◆ **EXERCISE GOAL**
Below are the entries. Transcribe exactly the lines from the one with "some ([], x)" through the one with "collect f ((key, r)", ends included, and leave out all others.
LISTED RECORDS Block Start
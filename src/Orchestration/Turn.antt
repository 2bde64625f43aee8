-- ===== src/Orchestration/Turn.antt =====
-- `orchestrate_stream` and `orchestrate` of backend/app/services/agents/orchestrator_service.py, from the
-- router's decision on. Spans, analytics and the metadata that repeats the decision are left out.
use gummy_os.Common.{
  ℕ, ◌+◌, max, String, Text, codes, strip, Bool, true, false, List, [], ◌∷◌, ◌++◌, Option, none,
  some, if◌then◌else◌, Result, ok, err,
}
use gummy_os.Models.{PlanShape}
use gummy_os.Routing.{RouteStep, RoutingDecision}
use gummy_os.Tools.{Value}
use gummy_os.Orchestration.{Trace, AgentResult}
use gummy_os.Orchestration.Recorder.{open_run, close_run_success, close_run_failure}
use gummy_os.Orchestration.Handoff.{terminal_scratch}
use gummy_os.Orchestration.Steps.{RunGuard, Results, run_sequential, run_parallel}
use gummy_os.Orchestration.Terminal.{TurnEvent, Calls, run_terminal}

pub record OrchestrationResult : Type 0 where
  pub reply : Text
  pub run_id : ℕ
  pub proposed_actions : List Value
  pub proposed_memories : List Value
  pub citations : List Value
  pub tokens : ℕ
  pub usd : ℕ
  pub agent_key : String
  pub web_sources : List Value
  pub grounding_memories : List Text
  pub model : Text
  pub memories_used : ℕ
  pub input_tokens : ℕ
  pub output_tokens : ℕ

-- `xs[:-1]` and `xs[-1]`
unfoldable pub split_last {ℓ} : {A : Type ℓ} → List A → Option (List A × A)
split_last [] = none
split_last (x ∷ rest) = elim (split_last rest) [
  | none ↦ some ([], x)
  | some (front, last) ↦ some (x ∷ front, last)
]

unfoldable pub is_parallel : PlanShape → Bool
is_parallel PlanShape.parallel = true
is_parallel PlanShape.single = false
is_parallel PlanShape.pipeline = false

unfoldable pub total : (AgentResult → ℕ) → Results → ℕ
total f [] = 0
total f ((key, r) ∷ rest) = f r + total f rest

unfoldable collect {ℓ} : {A : Type ℓ} → (AgentResult → List A) → Results → List A
collect f [] = []
collect f ((key, r) ∷ rest) = f r ++ collect f rest

-- The first result that names its model.
unfoldable first_model : Results → Text
first_model [] = []
first_model ((key, r) ∷ rest) =
    let further = first_model rest in elim r.output.model [ [] ↦ further | c ∷ s ↦ c ∷ s ]

unfoldable most_memories : Results → ℕ
most_memories [] = 0
most_memories ((key, r) ∷ rest) = max r.output.memories_used (most_memories rest)

-- backend/app/services/agents/compose.py
abbrev empty_reply_fallback : String
empty_reply_fallback =
    "I wasn't able to put an answer together for that one. Could you try rephrasing it, or narrowing it to the part you most want?"

-- `compose_reply` of a plan that is not parallel.
unfoldable compose_reply : (last : AgentResult) → Text
compose_reply last = elim (strip last.output.reply) [
  | [] ↦ codes empty_reply_fallback
  | c ∷ s ↦ c ∷ s
]

abbrev pub new_guard : RunGuard
new_guard = record { steps = 0; cost_tokens = 0 }

pub record Executed : Type 0 where
  pub results : Results
  pub failures : List (String × Text)

unfoldable pub result_of :
    (parallel : Bool) (run_id : ℕ) (reply : Text)
    → Results
    → (last : String × AgentResult) → OrchestrationResult
unfolding total collect first_model most_memories
result_of parallel run_id reply results (key, last) = record {
  reply = reply;
  run_id = run_id;
  proposed_actions = collect (λ r. r.proposed_actions) results;
  proposed_memories = collect (λ r. r.proposed_memories) results;
  citations = collect (λ r. r.citations) results;
  tokens = total (λ r. r.tokens) results;
  usd = total (λ r. r.usd) results;
  agent_key = key;
  web_sources = collect (λ r. r.output.web_sources) results;
  grounding_memories = collect (λ r. r.output.grounding_memories) results;
  model = if parallel then first_model results else last.output.model;
  memories_used = if parallel then most_memories results else last.output.memories_used;
  input_tokens =
      if parallel then total (λ r. r.output.input_tokens) results else last.output.input_tokens;
  output_tokens =
      if parallel then total (λ r. r.output.output_tokens) results else last.output.output_tokens;
}

unfoldable gathering : (head : List RouteStep) → List TurnEvent
gathering [] = []
gathering (step ∷ rest) = TurnEvent.status "gathering" (some step.agent_key) ∷ []

module _ {L P : Type 0} (calls : Calls L P) (stream : Bool) (run_id : ℕ) (message : Text) where
  unfoldable pub execute_branches :
      (selected : String)
      → List RouteStep
      → Trace L
      → (List TurnEvent × Result Text Executed) × Trace L
  unfolding run_parallel
  execute_branches selected steps t =
      let events = TurnEvent.status "delegating" (some selected) ∷ [] in
      let (outcome, last) = run_parallel calls.gather run_id message steps new_guard t in
      elim outcome [
        | err e ↦ ((events, err e), last)
        | ok g ↦ ((events, ok record { results = g.results; failures = g.failures }), last)
      ]

  -- The deltas of a caller that does not stream: the reply at the end.
  unfoldable pub shown : List TurnEvent → AgentResult → List TurnEvent
  shown events result = if stream then events else TurnEvent.delta result.output.reply ∷ []

  unfoldable pub execute_steps :
      (head : List RouteStep) (last : RouteStep)
      → Trace L
      → (List TurnEvent × Result Text Executed) × Trace L
  unfolding run_sequential run_terminal terminal_scratch shown gathering
  execute_steps head last t =
      let (first, before) = run_sequential calls.dispatch run_id message head [] [] new_guard t in
      elim first [
        | err e ↦ ((gathering head, err e), before)
        | ok (results, guard) ↦
            let ((events, outcome), after) =
              run_terminal calls run_id message last (terminal_scratch results) guard before in
            let answering =
              gathering head ++ TurnEvent.status "answering" (some last.agent_key) ∷ [] in
            elim outcome [
              | err e ↦ ((answering ++ (if stream then events else []), err e), after)
              | ok result ↦ (
                (
                  answering ++ shown events result,
                  ok record { results = results ++ (last.agent_key, result) ∷ []; failures = [] },
                ),
                after,
              )
            ]
      ]

module _ {L P : Type 0} (calls : Calls L P) where
  abbrev Outcome : Type 0
  Outcome = (List TurnEvent × Result Text OrchestrationResult) × Trace L

  -- The reply of a run that succeeded.
  unfoldable pub reply_to :
      (parallel : Bool) (selected : String)
      → Executed
      → AgentResult
      → Trace L
      → (List TurnEvent × Text) × Trace L
  unfolding compose_reply
  reply_to true selected e last t =
      let (reply, l) = calls.synthesize_parallel e.results e.failures t.handlers in
      (
        (TurnEvent.status "synthesizing" (some selected) ∷ TurnEvent.delta reply ∷ [], reply),
        record t { handlers = l },
      )
  reply_to false selected e last t = (([], compose_reply last), t)

  unfoldable pub conclude :
      (parallel : Bool) (run_id : ℕ) (selected : String) (events : List TurnEvent)
      → Executed
      → Trace L
      → Outcome
  unfolding split_last result_of reply_to close_run_success close_run_failure
  conclude parallel run_id selected events e t = elim (split_last e.results) [
    | none ↦
        let error = codes "router produced an empty route plan" in
        ((events, err error), close_run_failure run_id error t)
    | some (front, last) ↦
        let ((more, reply), t') =
          reply_to parallel selected e last.1 (close_run_success run_id t) in
        ((events ++ more, ok (result_of parallel run_id reply e.results last)), t')
  ]

  unfoldable pub orchestrate_stream :
      (stream : Bool) (user_id conversation_id : ℕ) (message : Text)
      → RoutingDecision
      → Trace L
      → Outcome
  unfolding split_last is_parallel open_run execute_branches execute_steps conclude
      close_run_failure
  orchestrate_stream stream user_id conversation_id message decision t =
      let understanding = TurnEvent.status "understanding" none ∷ [] in
      elim (split_last decision.steps) [
        | none ↦ ((understanding, err (codes "list index out of range")), t)
        | some (head, last) ↦
            let (run_id, opened) = open_run user_id (some conversation_id) t in
            let (built, l) = calls.build opened.handlers in
            let ready = record opened { handlers = l } in
            let begun = understanding ++ TurnEvent.status "retrieving_context" none ∷ [] in
            let parallel = is_parallel decision.plan_shape in
            elim built [
              | err e ↦ ((begun, err e), close_run_failure run_id e ready)
              | ok done ↦
                  let ((events, outcome), ran) =
                    if parallel
                    then execute_branches calls stream run_id message last.agent_key decision.steps
                        ready
                    else execute_steps calls stream run_id message head last ready in
                  elim outcome [
                    | err e ↦ ((begun ++ events, err e), close_run_failure run_id e ran)
                    | ok e ↦ conclude parallel run_id last.agent_key (begun ++ events) e ran
                  ]
            ]
      ]

  -- The drain of the events.
  unfoldable pub orchestrate :
      (user_id conversation_id : ℕ) (message : Text)
      → RoutingDecision
      → Trace L
      → Result Text OrchestrationResult × Trace L
  unfolding orchestrate_stream
  orchestrate user_id conversation_id message decision t =
      let ((events, result), t') =
        orchestrate_stream false user_id conversation_id message decision t in
      (result, t')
LISTED RECORDS Block End
◆ **RESULT OF THE EXERCISE**
  | none ↦ some ([], x)
  | some (front, last) ↦ some (x ∷ front, last)
]

unfoldable pub is_parallel : PlanShape → Bool
is_parallel PlanShape.parallel = true
is_parallel PlanShape.single = false
is_parallel PlanShape.pipeline = false

unfoldable pub total : (AgentResult → ℕ) → Results → ℕ
total f [] = 0
total f ((key, r) ∷ rest) = f r + total f rest

unfoldable collect {ℓ} : {A : Type ℓ} → (AgentResult → List A) → Results → List A
collect f [] = []
collect f ((key, r) ∷ rest) = f r ++ collect f rest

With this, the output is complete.